Remember back to when you first signed up for cable (or Internet or even cell phone service)? Sparks flew. Promises to stay connected for life were bandied about. And that goliath made you feel as if you were the only person in the world who mattered.

Then that introductory trial period ended. And your rates (and the romance) flew north.

It doesn’t have to be this way. Your bills don’t have to keep soaring.

If you’re looking at new delivery methods, see “Cutting the Cord” (Page 29) or “Dialing In” (Page 32). However, if you’re more or less happy with the service, but wouldn’t mind fattening your wallet, follow along.

“When it comes to reducing monthly bills like cable, Internet or cell phone, understanding how you use your services is the first place to start,” says Josh Sheehan of BillCutterz.com.
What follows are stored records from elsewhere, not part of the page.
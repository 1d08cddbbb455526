-- ===== src/Runtime/Memory.antt =====
-- crates/santi-runtime/src/session/memory.rs: the memory that a soul keeps of a session.
use santi.Base.{
  String, true, ◌≡◌, refl, ap, ◌∙◌, subst, Option, none, some, List, [], ◌∷◌, find_by, update_where,
  str_eq, arith, Bool-cases, Option-cases, inl, inr, eq_refl,
}
use santi.Store.Growth.{found_soul}
use santi.Base.Exec.{Exec, bind-ok, first, Result, ok, err, map_error, Result-cases, second, ◌>>=◌}
use santi.Model.Error.{Error}
use santi.Model.Session.{SoulSession}
use santi.Store.{Db, SoulSessionRow}
use santi.Store.Souls.{
  ensure_soul_session, acquire_soul_session, fetch_session_soul, map_soul_session_row, transpose,
  has_soul_id, of_session, decoded,
}
use santi.Store.Souls as Souls
use santi.Runtime.Handoff.{render_core_error}

-- Its `render_error` is the same function as that of effect.rs.
unfoldable pub write_session_memory : String → String → String → Exec Db String (Option SoulSession)
unfolding acquire_soul_session Souls.write_session_memory render_core_error
write_session_memory default_soul_id session_id text = do
  soul_session ← map_error render_core_error (acquire_soul_session default_soul_id session_id)
  map_error render_core_error (Souls.write_session_memory soul_session.id text)

unfoldable pub get_session_memory : String → Exec Db String (Option SoulSession)
unfolding fetch_session_soul render_core_error
get_session_memory session_id = map_error render_core_error (fetch_session_soul session_id)

-- A row with another memory.
abbrev with_memory : String → String → SoulSessionRow → SoulSessionRow
with_memory now text row = record row { session_memory = text; updated_at = now }

updated_row :
    (id session_id now text : String) (rows : List SoulSessionRow) (row : SoulSessionRow)
    → find_by (of_session session_id) rows ≡ some row
    → row.id ≡ id
    → find_by (of_session session_id) (update_where (has_soul_id id) (with_memory now text) rows)
      ≡ some (with_memory now text row)
updated_row id session_id now text [] row h e = absurd (ground (arith, h))
updated_row id session_id now text (x ∷ rows) row h e =
    elim (Bool-cases (of_session session_id x)) [
      | inl f ↦
          let q : x ≡ row = ground (arith, rw f at h) in
          let g : has_soul_id id x ≡ true =
            ap (λ r. str_eq r.id id) q ∙ ap (λ k. str_eq k id) e ∙ eq_refl id in
          rw (g, f) (ap (λ r. some (with_memory now text r)) q)
      | inr f ↦ elim (Bool-cases (has_soul_id id x)) [
        | inl g ↦ rw (g, f) (updated_row id session_id now text rows row (rw f at h) e)
        | inr g ↦ rw (g, f) (updated_row id session_id now text rows row (rw f at h) e)
      ]
    ]

-- The row that an acquisition returns.
acquired_row :
    (soul_id session_id : String) (s s' : Db) (m : SoulSession)
    → acquire_soul_session soul_id session_id s ≡ (ok m, s')
    → (row : SoulSessionRow) × (find_by (of_session session_id) s'.soul_sessions ≡ some row)
      × (map_soul_session_row row ≡ ok m)
unfolding acquire_soul_session fetch_session_soul
acquired_row soul_id session_id s s' m h =
    let (a, s1, _, h1) =
      bind-ok (ensure_soul_session soul_id session_id)
        (λ _. fetch_session_soul session_id >>= found_soul) s m s' h in
    let (o, s2, h2, h3) = bind-ok (fetch_session_soul session_id) found_soul s1 m s' h1 in
    let same1 : s1 ≡ s2 = ap second h2 in
    let same2 : s2 ≡ s' = ap second h3 in
    subst
      (λ d.
        (row : SoulSessionRow) × (find_by (of_session session_id) d.soul_sessions ≡ some row)
        × (map_soul_session_row row ≡ ok m))
      (same1 ∙ same2) (found_row s1 o (ap first h2) (ap first h3))
  where
    found_row :
        (d : Db) (o : Option SoulSession)
        → transpose (find_by (of_session session_id) d.soul_sessions) ≡ ok o
        → first (found_soul o d) ≡ ok m
        → (row : SoulSessionRow) × (find_by (of_session session_id) d.soul_sessions ≡ some row)
          × (map_soul_session_row row ≡ ok m)
    found_row d none p q = absurd (ground (arith, q))
    found_row d (some n) p q =
        elim (Option-cases (find_by (of_session session_id) d.soul_sessions)) [
          | inl e ↦ absurd (ground (arith, e, p))
          | inr (row, e) ↦ elim (Result-cases (map_soul_session_row row)) [
            | inr (x, g) ↦ absurd (ground (arith, e, g, p))
            | inl (k, g) ↦ (row, e, ground (arith, e, g, p, q))
          ]
        ]

abbrev rewritten : String → String → SoulSession → SoulSession
rewritten now text m = record m { session_memory = text; updated_at = now }

remembered :
    (row : SoulSessionRow) (m : SoulSession) (now text : String)
    → map_soul_session_row row ≡ ok m
    → (row.id ≡ m.id)
      × (map_soul_session_row (with_memory now text row) ≡ ok (rewritten now text m))
unfolding map_soul_session_row
remembered row m now text h = elim (Result-cases (decoded row.provider_state)) [
  | inr (x, d) ↦ absurd (ground (arith, rw d at h))
  | inl (p, d) ↦
      let e : (let q : SoulSession = record {
        id = row.id;
        soul_id = row.soul_id;
        session_id = row.session_id;
        session_memory = row.session_memory;
        provider_state = p;
        next_seq = row.next_seq;
        last_seen_session_seq = row.last_seen_session_seq;
        parent_soul_session_id = row.parent_soul_session_id;
        fork_point = row.fork_point;
        created_at = row.created_at;
        updated_at = row.updated_at;
      } in
          q ≡ m) =
        ground (arith, rw d at h) in
      (ap (λ x. x.id) e, rw d (ap (λ x. ok (rewritten now text x)) e))
]

-- A query of the session gives the text.
abbrev pub Remembered : String → String → Db → Type 0
Remembered session_id text d =
    (m : SoulSession) × (get_session_memory session_id d ≡ (ok (some m), d))
    × (m.session_memory ≡ text)

module _ (soul_id session_id text : String) (s s' : Db) (o : Option SoulSession)
    (h : write_session_memory soul_id session_id text s ≡ (ok o, s')) where
  written :
      (x : Result Error SoulSession × Db)
      → acquire_soul_session soul_id session_id s ≡ x
      → Remembered session_id text s'
  unfolding write_session_memory get_session_memory Souls.write_session_memory fetch_session_soul
  written (err e, s1) a = absurd (ground (arith, rw a at h))
  written (ok m, s1) a =
      let (row, f, g) = acquired_row soul_id session_id s s1 m a in
      let (same, stored) = remembered row m s1.now text g in
      let u = updated_row m.id session_id s1.now text s1.soul_sessions row f same in
      subst (Remembered session_id text) (ap second (rw a at h))
        (record m { session_memory = text; updated_at = s1.now }, rw (u, stored) refl, refl)

  -- After the memory of a session was written, whatever memory there was and also if the soul had
  -- not seen the session, a query of the session gives the text that was written.
  pub write_session_memory-get_session_memory : Remembered session_id text s'
  write_session_memory-get_session_memory = written (acquire_soul_session soul_id session_id s) refl
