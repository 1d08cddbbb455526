-- ===== src/Tools.antt =====
-- crates/santi-runtime/src/runtime: tools.rs, the tools that a provider may call. A run of bash and
-- the printing of JSON are arguments.
pub mod Types
pub mod Results
pub mod BashResults
pub mod Catalog
pub mod Kept
pub mod Answers
pub mod Capture
pub mod Captured
pub mod Examples
use santi.Tools.BashResults.{build_bash_dispatch_result}
use santi.Base.{String, Bool, true, Option, none, some, [], ◌∷◌, str_eq, if◌then◌else◌}
use santi.Base.Texts.{format, join_path, is_absolute}
use santi.Base.Exec.{Exec, Result, ok, err, pure, lift, ok_or, map_error, ◌>>=◌, ◌>>◌}
use santi.Model.Json.{Value}
use santi.Model.Session.{Soul}
use santi.Model.Provider.{ProviderFunctionCall}
use santi.Store.{Db}
use santi.Store.SoulStore as SoulStore
use santi.Runtime.Handoff.{render_core_error}
use santi.Runtime.Memory as Memory
use santi.Tools.Types.{
  ToolRuntimeContext, ToolDispatchResult, BashToolInput, BashToolResultEnvelope,
}
use santi.Tools.Results.{
  text_args, bash_args, parse_tool_args, build_failed_dispatch_result,
  build_success_dispatch_result,
}

-- The directories, the soul of the memory service, and the parts that are arguments: a run of
-- bash in a directory, the printing of JSON, and serde's words on a value that does not fit.
pub record ToolExecutor : Type 0 where
  pub runtime_root : String
  pub execution_root : String
  pub default_soul_id : String
  pub run_bash : ToolRuntimeContext → String → String → Result String BashToolResultEnvelope
  pub to_string : Value → String
  pub describe : Value → String

unfoldable pub build_context : ToolExecutor → String → String → ToolRuntimeContext
unfolding join_path
build_context tools session_id soul_id = record {
  session_id = session_id;
  soul_id = soul_id;
  soul_memory_dir = join_path (join_path (join_path tools.runtime_root "souls") soul_id) "memory";
  session_memory_dir =
      join_path (join_path (join_path tools.runtime_root "sessions") session_id) "memory";
  fallback_cwd = tools.execution_root;
}

unfoldable pub resolve_cwd : ToolRuntimeContext → Option String → String
unfolding join_path
resolve_cwd ctx none = ctx.fallback_cwd
resolve_cwd ctx (some path) = if is_absolute path then path else join_path ctx.fallback_cwd path

-- session/memory.rs, whose `render_error` is the same function as that of effect.rs.
unfoldable pub write_soul_memory : String → String → Exec Db String (Option Soul)
unfolding SoulStore.write_soul_memory render_core_error
write_soul_memory soul_id text =
    map_error render_core_error (SoulStore.write_soul_memory soul_id text)

-- What is left of `ToolCallOk` is its field.
unfoldable pub soul_memory_tool : ToolRuntimeContext → String → Exec Db String Bool
unfolding write_soul_memory
soul_memory_tool ctx text = do
  soul ← write_soul_memory ctx.soul_id text
  lift (ok_or soul "soul not found")
  pure true

unfoldable pub session_memory_tool :
    ToolExecutor → ToolRuntimeContext → String → Exec Db String Bool
unfolding Memory.write_session_memory
session_memory_tool tools ctx text = do
  soul_session ← Memory.write_session_memory tools.default_soul_id ctx.session_id text
  lift (ok_or soul_session "session not found")
  pure true

abbrev bash :
    ToolExecutor → ToolRuntimeContext → BashToolInput → Result String BashToolResultEnvelope
bash tools ctx input = tools.run_bash ctx (resolve_cwd ctx input.cwd) input.command

abbrev pub memory_result :
    ToolExecutor → ProviderFunctionCall → Result String Bool → Result String ToolDispatchResult
memory_result tools call (ok success) =
    build_success_dispatch_result tools.to_string call.name call.call_id success
memory_result tools call (err e) =
    ok (build_failed_dispatch_result tools.to_string call.name call.call_id e)

abbrev pub bash_result :
    ToolExecutor
    → ProviderFunctionCall
    → Result String BashToolResultEnvelope
    → Result String ToolDispatchResult
bash_result tools call (ok result) =
    build_bash_dispatch_result tools.to_string call.name call.call_id result
bash_result tools call (err e) =
    ok (build_failed_dispatch_result tools.to_string call.name call.call_id e)

abbrev pub dispatch_memory :
    ToolExecutor
    → ProviderFunctionCall
    → (String → Exec Db String Bool)
    → Result ToolDispatchResult String
    → Exec Db String ToolDispatchResult
dispatch_memory tools call tool (err refused) s = (ok refused, s)
dispatch_memory tools call tool (ok text) s =
    let (r, s') = tool text s in (memory_result tools call r, s')

unfoldable pub dispatch_write_soul_memory :
    ToolExecutor → ToolRuntimeContext → ProviderFunctionCall → Exec Db String ToolDispatchResult
unfolding soul_memory_tool build_success_dispatch_result build_failed_dispatch_result text_args
    format
dispatch_write_soul_memory tools ctx call =
    dispatch_memory tools call (soul_memory_tool ctx)
      (parse_tool_args tools.to_string tools.describe text_args call "write_soul_memory")

unfoldable pub dispatch_write_session_memory :
    ToolExecutor → ToolRuntimeContext → ProviderFunctionCall → Exec Db String ToolDispatchResult
unfolding session_memory_tool build_success_dispatch_result build_failed_dispatch_result text_args
    format
dispatch_write_session_memory tools ctx call =
    dispatch_memory tools call (session_memory_tool tools ctx)
      (parse_tool_args tools.to_string tools.describe text_args call "write_session_memory")

abbrev pub dispatch_bash_args :
    ToolExecutor
    → ToolRuntimeContext
    → ProviderFunctionCall
    → Result ToolDispatchResult BashToolInput
    → Result String ToolDispatchResult
dispatch_bash_args tools ctx call (err refused) = ok refused
dispatch_bash_args tools ctx call (ok input) = bash_result tools call (bash tools ctx input)

unfoldable pub dispatch_bash :
    ToolExecutor → ToolRuntimeContext → ProviderFunctionCall → Exec Db String ToolDispatchResult
unfolding resolve_cwd build_bash_dispatch_result build_failed_dispatch_result bash_args format
dispatch_bash tools ctx call = lift (
    dispatch_bash_args tools ctx call
      (parse_tool_args tools.to_string tools.describe bash_args call "bash"))

unfoldable pub dispatch :
    ToolExecutor → ToolRuntimeContext → ProviderFunctionCall → Exec Db String ToolDispatchResult
unfolding dispatch_write_soul_memory dispatch_write_session_memory dispatch_bash
    build_failed_dispatch_result format
dispatch tools ctx call =
    if str_eq call.name "write_soul_memory"
    then dispatch_write_soul_memory tools ctx call
    else if str_eq call.name "write_session_memory"
    then dispatch_write_session_memory tools ctx call
    else if str_eq call.name "bash"
    then dispatch_bash tools ctx call
    else pure (
        build_failed_dispatch_result tools.to_string call.name call.call_id
          (format ("unsupported tool: " ∷ call.name ∷ [])))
That means studying your bill to see if there’s any fat to trim. Do you really need all 1,810 channels? Are you coming anywhere close to your allotted minutes? Be sure you aren’t paying for services you aren’t using. This is also a good time to see if your company offers a corporate rate, which could end up saving you bundles.

Next, you’ve got to realize that it’s much more expensive for a company to attract a new customer than it is to retain one. So, customer service reps have been instructed to do most anything in their power to keep you happy, short of giving away the store.

That means if you’ve seen promotions for newbies, ask if you can get those rates applied to your account. “The longer you have been with your service provider, the more likely they are to reward that loyalty,” says Sheehan. “Asking for the same promotion new customers are getting won’t increase your bill – if anything, you’ll get a large discount.” The same goes for competitors’ bargain-basement offers. Often, you’ll get that price match.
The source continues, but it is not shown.